School’s out; prime time for hunting, fishing trip | Sports

Deer are moving, fish are biting and, hopefully, ducks and geese are flying, squirrels are in the hardwoods and fall’s first frost removed the lush cover for rabbits — and most school-aged children have the week off.

What’s a dad and mom to do?

Get them outside. Except for a rainy Thanksgiving Day, this week’s weather is perfect for extended outdoor activities. Besides, isn’t Thanksgiving the day when we should be inside celebrating this feast of fried, baked, roasted or smoked turkey, dressing, dirty rice, sweet potatoes, and whatever green thing is on the table (so your mama won’t fuss about not eating something green).

Bass fishing is good as long as you’re not looking for big fish. The final Junior Southwest Bassmasters tournament this year showed the Atchafalaya and Verret basins have eager-to-bite small bass, and the same appears true in the Florida Parishes bayous and rivers.
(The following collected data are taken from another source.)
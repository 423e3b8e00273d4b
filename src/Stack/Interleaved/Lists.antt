-- ===== src/Stack/Interleaved/Lists.antt =====
-- lab3/Stack.c: the first nodes of the lists, and the values on the stack, as the memory changes.
use distibuted_sys.Base.{ℕ, ◌≡◌, ◌≢◌, sym, ◌∙◌, refl, arith, List, [], ◌∷◌, if◌then◌else◌}
use distibuted_sys.Base.Threads.{update}
use distibuted_sys.Stack.{Ptr, null}
use distibuted_sys.Stack.Interleaved.{Place}
use distibuted_sys.Stack.Interleaved.Zones.{Zone, free, stacked, limbo, held, chained, same_zone}
use distibuted_sys.Stack.Interleaved.Knowledge.{root, chain_of, Lists}

pub root-update :
    (head to_reclaim : Ptr) (place : ℕ → Place) (i : ℕ) (P' : Place)
    → chain_of P' ≡ chain_of (place i)
    → (z : Zone) → root head to_reclaim (update place i P') z ≡ root head to_reclaim place z
root-update head to_reclaim place i P' e (chained t) = ground (arith, e)
root-update head to_reclaim place i P' e free = refl
root-update head to_reclaim place i P' e stacked = refl
root-update head to_reclaim place i P' e limbo = refl
root-update head to_reclaim place i P' e (held t) = refl

pub root-head :
    (head p to_reclaim : Ptr) (place : ℕ → Place) (i : ℕ) (P' : Place)
    → chain_of P' ≡ chain_of (place i)
    → (z : Zone)
    → root p to_reclaim (update place i P') z
      ≡ (if same_zone stacked z then p else root head to_reclaim place z)
root-head head p to_reclaim place i P' e (chained t) = ground (arith, e)
root-head head p to_reclaim place i P' e free = refl
root-head head p to_reclaim place i P' e stacked = refl
root-head head p to_reclaim place i P' e limbo = refl
root-head head p to_reclaim place i P' e (held t) = refl

pub root-reclaim :
    (head to_reclaim p : Ptr) (place : ℕ → Place) (i : ℕ) (P' : Place)
    → chain_of P' ≡ chain_of (place i)
    → (z : Zone)
    → root head p (update place i P') z
      ≡ (if same_zone limbo z then p else root head to_reclaim place z)
root-reclaim head to_reclaim p place i P' e (chained t) = ground (arith, e)
root-reclaim head to_reclaim p place i P' e free = refl
root-reclaim head to_reclaim p place i P' e stacked = refl
root-reclaim head to_reclaim p place i P' e limbo = refl
root-reclaim head to_reclaim p place i P' e (held t) = refl

pub root-chain :
    (head to_reclaim : Ptr) (place : ℕ → Place) (i : ℕ) (P' : Place) (z : Zone)
    → root head to_reclaim (update place i P') z
      ≡ (if same_zone (chained i) z then chain_of P' else root head to_reclaim place z)
root-chain head to_reclaim place i P' (chained t) = ground arith
root-chain head to_reclaim place i P' free = refl
root-chain head to_reclaim place i P' stacked = refl
root-chain head to_reclaim place i P' limbo = refl
root-chain head to_reclaim place i P' (held t) = refl

pub Lists-kept :
    (next next' : Ptr → Ptr) (value value' : Ptr → ℕ) (zone zone' : Ptr → Zone) (p : Ptr)
    (vs : List ℕ)
    → ((a : Ptr)
        → zone a ≡ stacked
        → (zone' a ≡ stacked) × (next' a ≡ next a) × (value' a ≡ value a))
    → Lists next value zone p vs
    → Lists next' value' zone' p vs
Lists-kept next next' value value' zone zone' p [] k l = l
Lists-kept next next' value value' zone zone' p (v ∷ vs) k l =
    let h = k p l.1 in
    (l.0, h.0, h.2 ∙ l.2, rw h.1 (Lists-kept next next' value value' zone zone' (next p) vs k l.3))

module _ (next : Ptr → Ptr) (value : Ptr → ℕ) (zone : Ptr → Zone) where
  pub Lists-null : (vs : List ℕ) → Lists next value zone null vs → vs ≡ []
  Lists-null [] l = refl
  Lists-null (v ∷ vs) l = absurd (l.0 refl)

  pub Lists-cons :
      (p : Ptr) (vs : List ℕ)
      → p ≢ null
      → Lists next value zone p vs
      → (v : ℕ) × (rest : List ℕ) × (vs ≡ v ∷ rest)
        × (value p ≡ v)
        × Lists next value zone (next p) rest
  Lists-cons p [] ne l = absurd (ne l)
  Lists-cons p (v ∷ vs) ne l = (v, vs, refl, l.2, l.3)

  -- The first node of the stack is not among those behind another.
  pub Lists-detach :
      (p q : Ptr) (y : Zone) (vs : List ℕ)
      → p ≢ null
      → ((a : Ptr) → zone a ≡ stacked → next a ≡ p → next a ≡ null)
      → q ≢ p
      → Lists next value zone q vs
      → Lists next value (update zone p y) q vs
  Lists-detach p q y [] ne first other l = l
  Lists-detach p q y (v ∷ vs) ne first other l = (
    l.0,
    ground (arith, l.1),
    l.2,
    Lists-detach p (next q) y vs ne first (λ e. ne (sym e ∙ first q l.1 e)) l.3,
  )
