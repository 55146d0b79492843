-- ===== src/Lib.antt =====
-- blockchain-zc-parser: a zero-copy parser of Bitcoin blocks, transactions, scripts and block
-- files.
--
-- The parts of the program and their files:
--
--   src/error.rs        Error: the error type; a result has a third value, `fault`, for a panic or
--                       an out-of-bounds unchecked access, so that their absence can be stated.
--                       Error/Display: `Display`, for which Error/Text has a reader;
--                       Error/Truthful: the errors whose numbers are those of a refusal.
--   src/cursor.rs       Cursor and Cursor/: the methods by their names. Cursor/Format says what it
--                       is that a parser reads a format, Cursor/Rules and Cursor/Checks carry
--                       that through `?` and the checks, Cursor/Words, Reads and VarInt give the
--                       formats of the reads, Cursor/Accepted states them as equivalences, and
--                       Cursor/Triples gives what the reads keep and how they fail.
--   src/hash.rs         Hash; Hash/Text: `Display` and `Debug`. The digest of the crate sha2 is a
--                       parameter.
--   src/script.rs       Script: `Script` and its parser; Script/Classify: `ScriptType::classify`,
--                       whose slice patterns are treated in Script/Patterns and whose templates
--                       in Script/Templates; Script/Instructions: the iterator over instructions,
--                       which Script/Opcodes relates to the parser of Script/Reader,
--                       Script/Encoding gives the format of, Script/Iterate treats call by call,
--                       Script/Collect and Walk in a loop over a script, and Script/Refine
--                       against an abstract view.
--   src/transaction.rs  Transaction: `parse_out_point`, `parse_input`, `parse_output` and
--                       `parse_witness` are the `parse` of `OutPoint`, `TxInput`, `TxOutput` and
--                       `Witness`; `parse_with` is `TransactionParser::parse_with`.
--                       Transaction/Wire, Witnesses, Skip, Whole, Head, ReadLoop, Tail, Steps and
--                       Parse treat the wire formats, Stream, StreamRules and Loops the rules for
--                       parsers that call closures, Invariant what the closures keep of their
--                       state, Accepted the results, Size the least sizes, Coinbase
--                       `is_coinbase`, Items the iterator over a witness's items, Events and
--                       Replay the recorded calls of the closures, Triples what is kept on every branch,
--                       Serialise and Fits the serialised form and the transactions that have
--                       one, RoundTrip the parser on it, and Debug the struct `Transaction`.
--   src/block.rs        Block: `parse_header`, `new_iter`, `next_tx`, `skip_remaining` and
--                       `finish_strict`; Block/Strict: `consume_all_strict`; Block/File:
--                       `BlkFileIter`. Block/Fields, Header and Offsets treat the header, Next,
--                       Wrapped, Rounds, StrictRounds and Consume the loop over the transactions,
--                       FileNext and FileLoop a file's blocks, Skip `skip_remaining`, Accepted
--                       the single calls, Reach any sequence of calls of `next_tx`, Drained the
--                       calls up to its end, Replay its recorded calls of the closures, Triples,
--                       FileTriples, StrictTriples and Invariant what is kept on every branch,
--                       and RoundTrip and FileRoundTrip serialised blocks and files.
--   examples/parse_block.rs
--                       Example: Example/Opts is `parse_opts`, Example/Dat `try_first_dat_entry`,
--                       Example/Synthetic the block that is built in and `encode_varint`,
--                       Example/Loop the `while` loop over `next_tx`, Example/Lines its output,
--                       Example/Texts the text of it, and Example/Report the closures and `main`,
--                       whose part from the block's bytes on is `summarise`. Listing says from
--                       a block's contents and the options what is to be printed, and Chosen,
--                       Outputs, Printed and Listed treat the lines; Tally, Totals, Closing and Summary the
--                       counters and the result; Args the command line, Encode the encoding, Load
--                       the choice of the block, and Program and Safe the whole.
--   #[cfg(test)] and tests/integration_tests.rs
--                       UnitTests: the tests as Boolean functions, with runs on both targets;
--                       Reads, Scripts, Transactions and Blocks are those of the source files,
--                       Integration and Messages those of tests/.
--   verification/Base, Action, Target, Bytes and Text hold what the parts share: library names and
--   tests on numbers, methods with `&mut self` as functions of the state (Action/Triple: invariants
--   of such methods, their values and errors), the width of `usize`, bytes, and texts as lists of
--   character codes.
--   verification/Tests holds runs on concrete inputs.
--
-- How the parts interact: every parser is a sequence of the cursor's reads. A slice is the list of
-- its bytes, a cursor that list and an offset; `&mut self` is a state that is passed on, and an
-- error keeps the state reached. The closures of `parse_with`, `next_tx` and `consume_all_strict`
-- are functions of a state of any type, which is passed along with the cursor. `next_tx` runs
-- `parse_with` on the unread slice and skips what it consumed; `consume_all_strict` runs `next_tx`
-- with closures that wrap the user's.
--
-- Bounds and fuel: `usize` has 32 or 64 bits, and `checked_add` and the conversion from `u64` are
-- written out for both. A valid cursor holds bytes, no more than `usize` can count, and an offset
-- that lies among them. `while_unconsumed` has a round for each transaction not yet consumed, which
-- is enough because a round consumes one or ends the loop; the loop over a file's blocks has one
-- round for each byte and one more, and an entry is never empty; `while_next`, the loop of the
-- example program, has one round for each transaction not yet consumed and one for the last test;
-- `collect`, the loop over a script's instructions, has one call for each byte and one more, since
-- an instruction takes a byte at least. In each, running out of fuel would be a `fault`.
--
-- The example program: a printed line is the record of its values, and a run is its result and the
-- lines in their order, from which `stdout` and `stderr` give the two outputs. `std::fs::read`,
-- `str::parse::<usize>` and the text of a total in BTC, a float, are parameters.
--
-- Not modelled: addresses, so that of zero copy there is only that a returned slice equals a part of
-- the input, and the tests that compare pointers are left out. The benchmarks only call the library,
-- and src/lib.rs only passes names on.
pub mod Text
pub mod Base
pub mod Error
pub mod Action
pub mod Target
pub mod Bytes
pub mod Cursor
pub mod Hash
pub mod Script
pub mod Transaction
pub mod UnitTests
pub mod Block
pub mod Example
mod Tests
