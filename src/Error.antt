-- ===== src/Error.antt =====
-- src/error.rs: `ParseError` and `ParseResult`. The constructors keep the order of the enum; the
-- fields of a variant are the arguments, in the order of the source.
pub mod Display
pub mod Text
pub mod Truthful
use Prim.Native.String.{String}
use blockchain_zc_parser.Base.{ℕ, ◌<◌, ◌≡◌, List}
use blockchain_zc_parser.Base.Int.{ℤ}

pub data ParseError : Type 0 where
  -- needed, available
  unexpected_eof : ℕ → ℕ → ParseError
  invalid_var_int : ParseError
  -- value
  integer_too_large : ℕ → ParseError
  -- size, max
  oversized_data : ℕ → ℕ → ParseError
  unsupported_version : ℤ → ParseError
  -- expected, got
  magic_mismatch : List ℕ → List ℕ → ParseError
  invalid_segwit_flag : ℕ → ParseError
  invalid_input_count : ParseError
  -- remaining
  trailing_bytes : ℕ → ParseError
  -- expected, parsed
  incomplete_transactions : ℕ → ℕ → ParseError
  invalid_coinbase : ParseError
  -- count
  invalid_coinbase_count : ℕ → ParseError
  -- message
  io : String → ParseError

-- `Result<T, ParseError>`. `fault` is no value of the program: it stands for a panic (a slice index
-- out of range, an `unwrap` of an error) and for an out-of-bounds access of an unchecked one.
pub data ParseResult {ℓ} (A : Type ℓ) : Type ℓ where
  ok : A → ParseResult A
  err : ParseError → ParseResult A
  fault : ParseResult A

-- The result is `UnexpectedEof`, and fewer bytes were there than were needed.
abbrev pub IsEof {ℓ} : {A : Type ℓ} → ParseResult A → Type ℓ
IsEof r =
    (needed : ℕ) × (available : ℕ) × (r ≡ err (unexpected_eof needed available))
    × (available < needed)

-- `?` on a result that no state goes with.
abbrev pub and_then {ℓ κ} :
    {A : Type ℓ} {B : Type κ} → ParseResult A → (A → ParseResult B) → ParseResult B
and_then (ok a) f = f a
and_then (err e) f = err e
and_then fault f = fault

-- `From<std::io::Error>`, of the error's text
abbrev pub from_io : String → ParseError
from_io message = io message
Think about slow retrieves on the sunny days and remember the adage about bright colors for bright days – it works. On cloudy days, spinnerbaits, slowly worked crankbaits and soft-plastic creature baits should work. Remember, too, that freshwater species often retreat into heavy cover on sunny days.

We’re at a point in the fall where we have to pay attention to the barometric pressure. Believe it or not, clouds help the bass bite, and a clear, bluebird sky is an indicator of a rising and bite-killing barometer.

It’s hard to figure out why these exact conditions don’t have the same effect on the trout/redfish action.

Maybe it’s because a cold front comes with north winds that push water nearly as strong as the tides in south Louisiana’s late fall and winter months.

Sure, we only hear/learn about the big catches, but it sure looks like waters east of the Mississippi River have recovered from storm damage. The marshes are producing trout, redfish and bass, and all on the same lures, mostly soft plastics on a jighead and under a cork. The same is true in southern Lafourche Parish.

Ms. River update

The extraordinarily low water gave rise to fishing the river south of Buras for redfish and bass, and trout, drum and flounder farther south.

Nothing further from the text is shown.